A Gaslight Anthem-Inspired Digression

So I’m getting incredibly psyched for The Gaslight Anthem’s show on Friday. I was dangerously cranking them up on Saturday as I was walking around town. But for all the great songs on The ‘59 Sound, I think my favorite song of theirs is on their first album, Sink Or Swim. It’s a tribute to Joe Strummer called I’da Called You Woody, Joe.

And then I heard it like a shot through my skull to my brain,
I felt my fingertips tingle and it started to rain,
When the walls of my bedroom were tremblin’ around me,
His ramshackle voice over attack of a bluebeat,
Tellin’ me he’s only looking for fun.
This was the sound of the very last gang in town.

That makes me need to hear White Man In Hammersmith Palais.

As long as I’m jonesing (pun intended) on The Clash, how about a live clip of Janie Jones?

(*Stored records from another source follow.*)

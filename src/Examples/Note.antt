-- ===== src/Examples/Note.antt =====
-- The theorems on src/note.rs at a concrete URL.
use lnurlcash_core.Common.{ℕ, [], ◌∷◌, some, ◌≡◌, refl, arith, and_then}
use lnurlcash_core.Common.Text.{
  Text, codes, lower, lower_char, is_ascii_uppercase, strip_prefix, text_eq, is_ascii_digit,
}
use lnurlcash_core.Common.Decimal.{decimal, digits_before, parse_u64, scan_digits, scan}
use lnurlcash_core.Note.{
  note_k1, note_declared_amount, with_new_k1, fresh_for, rebuild, append_pairs, rewrite_query,
  rewrite_pairs, emitted, see,
}
use lnurlcash_core.Note.RoundTrip.{Carries, with_new_k1-Carries, note_declared_amount-with_new_k1}
use lnurlcash_core.Samples.{secret, sample_spend}
use lnurlcash_core.Samples.Url.{sample_url, sample_url_laws}

-- A note of 10 msat, with a certificate in an old spelling.
abbrev old_url : Text
unfolding append_pairs
old_url =
    append_pairs sample_url
      ((codes "k1", codes "AB")
        ∷ (codes "amount", codes "10")
        ∷ (codes "sig", codes "cs110")
        ∷ (codes "x", codes "y")
        ∷ [])
      (codes "https://m.example/cb")

abbrev next_url : Text
unfolding append_pairs
next_url =
    append_pairs sample_url
      ((codes "k1", secret) ∷ (codes "c", codes "cs17") ∷ (codes "x", codes "y") ∷ [])
      (codes "https://m.example/cb")

with_new_k1-Carries_example :
    (new : Text) × (with_new_k1 sample_url sample_spend old_url secret 7 (some (codes "cs17"))
      ≡ some new)
    × (note_k1 sample_url new ≡ some (lower secret))
    × Carries sample_url sample_url_laws old_url new
        (fresh_for sample_spend (some (lower secret)) 7 (some (codes "cs17")))
unfolding old_url sample_url
with_new_k1-Carries_example =
    with_new_k1-Carries sample_url sample_url_laws sample_spend old_url secret 7
      (some (codes "cs17")) old_url refl

certified_seven : (a : ℕ) → and_then (some (codes "cs17")) sample_spend.cs1_amount ≡ some a → a ≡ 7
unfolding parse_u64 scan_digits scan strip_prefix codes is_ascii_digit
certified_seven a h = ground arith

note_declared_amount-with_new_k1_example :
    note_declared_amount sample_url sample_spend next_url ≡ some 7
unfolding with_new_k1 rebuild append_pairs rewrite_query rewrite_pairs emitted see text_eq codes
    decimal digits_before lower lower_char is_ascii_uppercase parse_u64 scan_digits scan
    strip_prefix is_ascii_digit old_url next_url sample_url
note_declared_amount-with_new_k1_example =
    note_declared_amount-with_new_k1 sample_url sample_url_laws sample_spend old_url secret next_url
      7 (some (codes "cs17")) old_url refl (omega arith) certified_seven refl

But getting back to The Gaslight Anthem, frontman Brian Fallon takes it one step further in the chorus:

As heard by my wild young heart, like directions on a cold dark night,
Sayin’, ‘Let it out, let it out, let it out, you’re doin’ all right.’
And I heard it in his chain gang soul.
That it wasn’t just the same sad song.
Saying, ‘Let it out, let it out, let it out, you’re doin’ all right.’

Has there ever been a better description of hearing a sound that changed your life? The Clash didn’t hit me until later in life (growing up I only knew the Combat Rock singles, not even Train In Vain), but those words could have easily applied to my discovery of Bruce Springsteen, The Who, and The Replacements. Fallon beautifully describes why we connect with music in a way unlike with any other art form, because is reminds us that we’re not alone, even when there’s nobody around.

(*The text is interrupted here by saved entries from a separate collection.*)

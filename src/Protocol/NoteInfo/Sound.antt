-- ===== src/Protocol/NoteInfo/Sound.antt =====
-- What the readers of src/protocol.rs accept at the informational GET.
use lnurlcash_core.Common.{
  ◌≤◌, true, false, not, [], Option, none, some, ◌≡◌, ◌≢◌, ◌⊎◌, inl, inr, refl, sym, ap, arith,
  unwrap_or, Bool-cases, ltb, ok, ok_or, ◌>>=◌, guard, >>=-eq-ok,
}
use lnurlcash_core.Common.Text.{Text, codes, lower, trim, eq_ignore_case, text_eq, text_eq_iff}
use lnurlcash_core.Deps.{Deps, SpendVerdict, fails}
use lnurlcash_core.Note.{note_k1}
use lnurlcash_core.Protocol.Types.{Policy, WithdrawRequestInfo, NoteInfoByHash}
use lnurlcash_core.Protocol.Fields.{
  as_str, as_u64, field_is, reject_note_error, is_compressed_pubkey,
}
use lnurlcash_core.Protocol.NoteInfo.{
  check_mint_pubkey, same_note, same_id, is_fails, not_withdraw_request, min_withdrawable,
  check_echo, parse_note_info, parse_note_info_by_hash,
}

-- What is left of a note's state when it was looked up without its spend.
abbrev pub forget : WithdrawRequestInfo → NoteInfoByHash
forget info = record {
  callback = info.callback;
  max_withdrawable = info.max_withdrawable;
  min_withdrawable = info.min_withdrawable;
  default_description = info.default_description;
  mint_pubkey = info.mint_pubkey;
  signature = info.signature;
}

same_id-eq : (a b : Option Text) → same_id a b ≡ true → (id : Text) × (a ≡ some id) × (b ≡ some id)
same_id-eq none b h = cc h
same_id-eq (some a) none h = cc h
same_id-eq (some a) (some b) h = (a, refl, ap some (sym ((text_eq_iff a b).0 h)))

is_fails-false :
    (verdict : Option SpendVerdict) (reason : Text)
    → is_fails verdict ≡ false
    → verdict ≢ some (fails reason)
is_fails-false verdict reason h e = cc (h, ap is_fails e)

module _ {Value Url : Type 0} (d : Deps Value Url) where
  -- An echo of a spend: the same text up to case and the spaces around it, or a spend with the same
  -- note id whose verdict, at the domain of the URL, is not that it fails.
  abbrev pub Echoes : Text → Text → Text → Type 0
  Echoes k1 queried url =
      (lower (trim k1) ≡ lower (trim queried))
      ⊎ ((id : Text) × (d.spend.note_id_of k1 ≡ some id)
          × (d.spend.note_id_of queried ≡ some id)
          × ((reason : Text)
              → d.spend.check_spend k1 (unwrap_or (d.spend.spend_domain_of url) [])
                ≢ some (fails reason)))

  same_note-Echoes :
      (k1 queried url : Text) → same_note d.spend k1 queried url ≡ true → Echoes k1 queried url
  unfolding same_note eq_ignore_case
  same_note-Echoes k1 queried url h =
      elim (Bool-cases (text_eq (lower (trim k1)) (lower (trim queried)))) [
        | inl e ↦ inl ((text_eq_iff (lower (trim k1)) (lower (trim queried))).0 e)
        | inr e ↦
            let (id, here, there) =
              same_id-eq (d.spend.note_id_of k1) (d.spend.note_id_of queried) (ground arith) in
            inr (id, here, there, λ reason. is_fails-false _ reason (ground arith))
      ]

  -- An accepted response keeps its limits in order, publishes a compressed key if the policy asks
  -- for one, and, if the queried URL names a spend, echoes a spend of the same note.
  pub record IsAccepted (body : Value) (url : Text) (policy : Policy) (info : WithdrawRequestInfo)
      : Type 0 where
    pub ordered : info.min_withdrawable ≤ info.max_withdrawable
    pub verifiable :
        policy.require_mint_pubkey ≡ true
        → (key : Text) × (as_str d.json body (codes "mintPubkey") ≡ some key)
          × (is_compressed_pubkey key ≡ true)
          × (info.mint_pubkey ≡ some (lower (trim key)))
    pub echoed :
        (queried : Text)
        → note_k1 d.url url ≡ some queried
        → (k1 : Text) × (info.k1 ≡ lower k1) × (Echoes k1 queried url)

  check_echo_lem :
      (k1 url queried : Text)
      → check_echo d k1 url ≡ ok tt
      → note_k1 d.url url ≡ some queried
      → Echoes k1 queried url
  unfolding check_echo
  check_echo_lem k1 url queried h e = same_note-Echoes k1 queried url (ground arith)

  check_mint_pubkey_lem :
      (published : Option Text) (policy : Policy)
      → check_mint_pubkey published policy ≡ ok tt
      → policy.require_mint_pubkey ≡ true
      → (key : Text) × (published ≡ some key) × (is_compressed_pubkey key ≡ true)
  unfolding check_mint_pubkey
  check_mint_pubkey_lem none policy h required = ground arith
  check_mint_pubkey_lem (some key) policy h required = (key, refl, ground arith)

  -- A response that is read as a note's state has its limits in order, publishes a compressed key if
  -- the policy asks for one, and, if the URL has a spend, a `k1` that is the same text up to case and
  -- the spaces around it, or has the note id of the URL's spend and, at the URL's domain, a verdict
  -- other than a failure.
  pub parse_note_info-IsAccepted :
      (body : Value) (url : Text) (policy : Policy) (info : WithdrawRequestInfo)
      → parse_note_info d body url policy ≡ ok info
      → IsAccepted body url policy info
  unfolding parse_note_info
  parse_note_info-IsAccepted body url policy info h =
      let (_, _, h1) = >>=-eq-ok (reject_note_error d.json body) _ h in
      let (_, _, h2) =
        >>=-eq-ok
          (guard (field_is d.json body (codes "tag") (codes "withdrawRequest"))
            not_withdraw_request)
          _ h1 in
      let (callback, _, h3) =
        >>=-eq-ok (ok_or (as_str d.json body (codes "callback")) not_withdraw_request) _ h2 in
      let (k1, _, h4) =
        >>=-eq-ok (ok_or (as_str d.json body (codes "k1")) not_withdraw_request) _ h3 in
      let (highest, _, h5) =
        >>=-eq-ok (ok_or (as_u64 d.json body (codes "maxWithdrawable")) not_withdraw_request) _
          h4 in
      let (lowest, _, h6) = >>=-eq-ok (min_withdrawable d body) _ h5 in
      let (_, in_order, h7) =
        >>=-eq-ok (guard (not (ltb highest lowest)) not_withdraw_request) _ h6 in
      let (_, echo, h8) = >>=-eq-ok (check_echo d k1 url) _ h7 in
      let (_, published, h9) =
        >>=-eq-ok (check_mint_pubkey (as_str d.json body (codes "mintPubkey")) policy) _ h8 in
      record {
        ordered = ground arith;
        verifiable = λ required.
            let (key, found, compressed) = check_mint_pubkey_lem _ policy published required in
            (key, found, compressed, ground arith);
        echoed = λ queried e. (k1, ground arith, check_echo_lem k1 url queried echo e);
      }

  -- The lookup without the spend reads a response as the lookup with it does, if the response has a
  -- `k1` and its echo is accepted.
  pub parse_note_info_by_hash-parse_note_info :
      (body : Value) (url k1 : Text) (policy : Policy)
      → as_str d.json body (codes "k1") ≡ some k1
      → check_echo d k1 url ≡ ok tt
      → parse_note_info_by_hash d body policy
        ≡ (parse_note_info d body url policy >>= λ info. ok (forget info))
  unfolding parse_note_info parse_note_info_by_hash
  parse_note_info_by_hash-parse_note_info body url k1 policy has echo = ground arith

And this doesn’t apply only to us music geek elitist snob types. Ten days ago, Jeff wrote a brilliant editorial on Popdose about this, using the much-maligned group The Fray as evidence.

I was halfway through writing this piece when I flew out to Arizona to be a part of my younger brother’s wedding. Imagine my surprise when the bride and groom danced their first dance to a Fray song (”Look After You”). At first, I wasn’t even thinking about my editorial; I was too overcome with surprise that someone who shares my DNA would decide to kick off his wedded life with something by a C+ pop outfit like this one. And then all of a sudden I fucking got choked up and I finally, totally understood the peculiar genius inherent in this type of music: It’s designed to make you feel like your whole life is a wedding reception, or a funeral, or anything more meaningful than whatever it is you’re doing in your cubicle right now.

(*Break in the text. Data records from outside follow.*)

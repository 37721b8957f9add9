-- ===== src/Examples/Protocol.antt =====
-- The theorems on src/protocol.rs at concrete responses.
use lnurlcash_core.Common.{not, List, [], ◌∷◌, ◌≡◌, refl, if◌then◌else◌, ok, ◌>>=◌}
use lnurlcash_core.Common.Text.{
  Text, codes, lower, lower_char, is_ascii_uppercase, text_eq, trim, trim_start, trim_end,
  drop_while, is_whitespace, is_ascii_hexdigit, is_ascii_digit, byte_len, starts_with, strip_prefix,
  eq_ignore_case,
}
use lnurlcash_core.Note.{append_pairs, note_k1, first_param, find_param}
use lnurlcash_core.Protocol.Types.{default_policy, split}
use lnurlcash_core.Protocol.Fields.{
  as_str, as_u64, field_is, reject_note_error, reject_error, is_compressed_pubkey,
}
use lnurlcash_core.Protocol.NoteInfo.{
  certificate, parse_note_info, parse_note_info_by_hash, check_echo, check_mint_pubkey,
  min_withdrawable, same_note,
}
use lnurlcash_core.Protocol.NoteInfo.Sound.{
  IsAccepted, forget, parse_note_info-IsAccepted, parse_note_info_by_hash-parse_note_info,
}
use lnurlcash_core.Protocol.Mutation.{parse_mutation}
use lnurlcash_core.Protocol.Mutation.Owed.{
  reading, refused, unconfirmed, uncertified, confirmed, is_missing, reading-parse_mutation,
}
use lnurlcash_core.Samples.{
  confirmation, note_state, secret, callback, shown, sample_deps, sample_json, sample_spend,
}
use lnurlcash_core.Samples.Url.{sample_url}

-- A split into a key output and a hash output.
abbrev two_outputs : List Text
two_outputs = codes "cp1q" ∷ secret ∷ []

reading-parse_mutation_example :
    reading (parse_mutation sample_deps confirmation split two_outputs default_policy) ≡ (
      if field_is sample_json confirmation (codes "status") (codes "ERROR")
      then refused
      else if not (field_is sample_json confirmation (codes "status") (codes "OK"))
      then unconfirmed
      else if is_missing sample_spend two_outputs default_policy split
          (certificate sample_deps confirmation (codes "c") (codes "sig"))
          (certificate sample_deps confirmation (codes "c2") (codes "sig2"))
      then uncertified
      else confirmed)
reading-parse_mutation_example =
    reading-parse_mutation sample_deps confirmation split two_outputs default_policy

abbrev queried_url : Text
unfolding append_pairs
queried_url = append_pairs sample_url ((codes "k1", secret) ∷ []) callback

parse_note_info-IsAccepted_example :
    IsAccepted sample_deps note_state queried_url default_policy shown
unfolding parse_note_info reject_note_error reject_error field_is as_str as_u64 min_withdrawable
    check_echo check_mint_pubkey is_compressed_pubkey same_note certificate note_k1 first_param
    find_param text_eq codes lower lower_char is_ascii_uppercase trim trim_start trim_end drop_while
    is_whitespace is_ascii_hexdigit is_ascii_digit byte_len starts_with strip_prefix eq_ignore_case
    queried_url append_pairs sample_url
parse_note_info-IsAccepted_example =
    parse_note_info-IsAccepted sample_deps note_state queried_url default_policy shown refl

parse_note_info_by_hash-parse_note_info_example :
    parse_note_info_by_hash sample_deps note_state default_policy ≡ (
      parse_note_info sample_deps note_state queried_url default_policy >>= λ info.
      ok (forget info))
unfolding check_echo same_note note_k1 first_param find_param as_str text_eq codes lower lower_char
    is_ascii_uppercase trim trim_start trim_end drop_while is_whitespace eq_ignore_case strip_prefix
    queried_url append_pairs sample_url
parse_note_info_by_hash-parse_note_info_example =
    parse_note_info_by_hash-parse_note_info sample_deps note_state queried_url secret default_policy
      refl refl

I had been looking for a context to link to this for a while, but it wasn’t until just now that I came up with one. Then again, if you’re not reading Popdose on a daily basis, why bother coming here? But Jeff’s column hit me pretty strong. Years ago I stopped caring about why crappy acts were topping the charts and winning awards while bands I liked lingered in obscurity. My connection with the music I love is deeply personal. If others have the same reaction, great. If not, I don’t let it bother me any more.

Life’s too short to get upset over the latest boy band, untalented hot chick singer, or mediocre rock band. Acts like those have been around for ages, just with different names (are The Fray the new Hootie?) and in a few years they’ll be forgotten by their biggest fans. Meanwhile, people will be listening to The Beatles, George Gershwin and Mozart until Al Gore’s vision of an environmental apocolypse comes true.

The only I can do to change all that is once in a while throw up a post on my little blog here in the hopes that a) my friends and regular readers draw the same conclusions, and b) people searching for good music stumble across WFW and become part of a community.

When Pete Townshend adapted Tommy for Broadway, he realized that he had to write a proper ending, which he hadn’t done in the original. In an interview, he said that he had to leave things ambiguous, because the one thing you don’t want to do in rock is make up people’s minds for them. But theatre has a different aesthetic, and so he created an ending that reflected where he was at that point in time and pissed off a lot of old Who fans in the process.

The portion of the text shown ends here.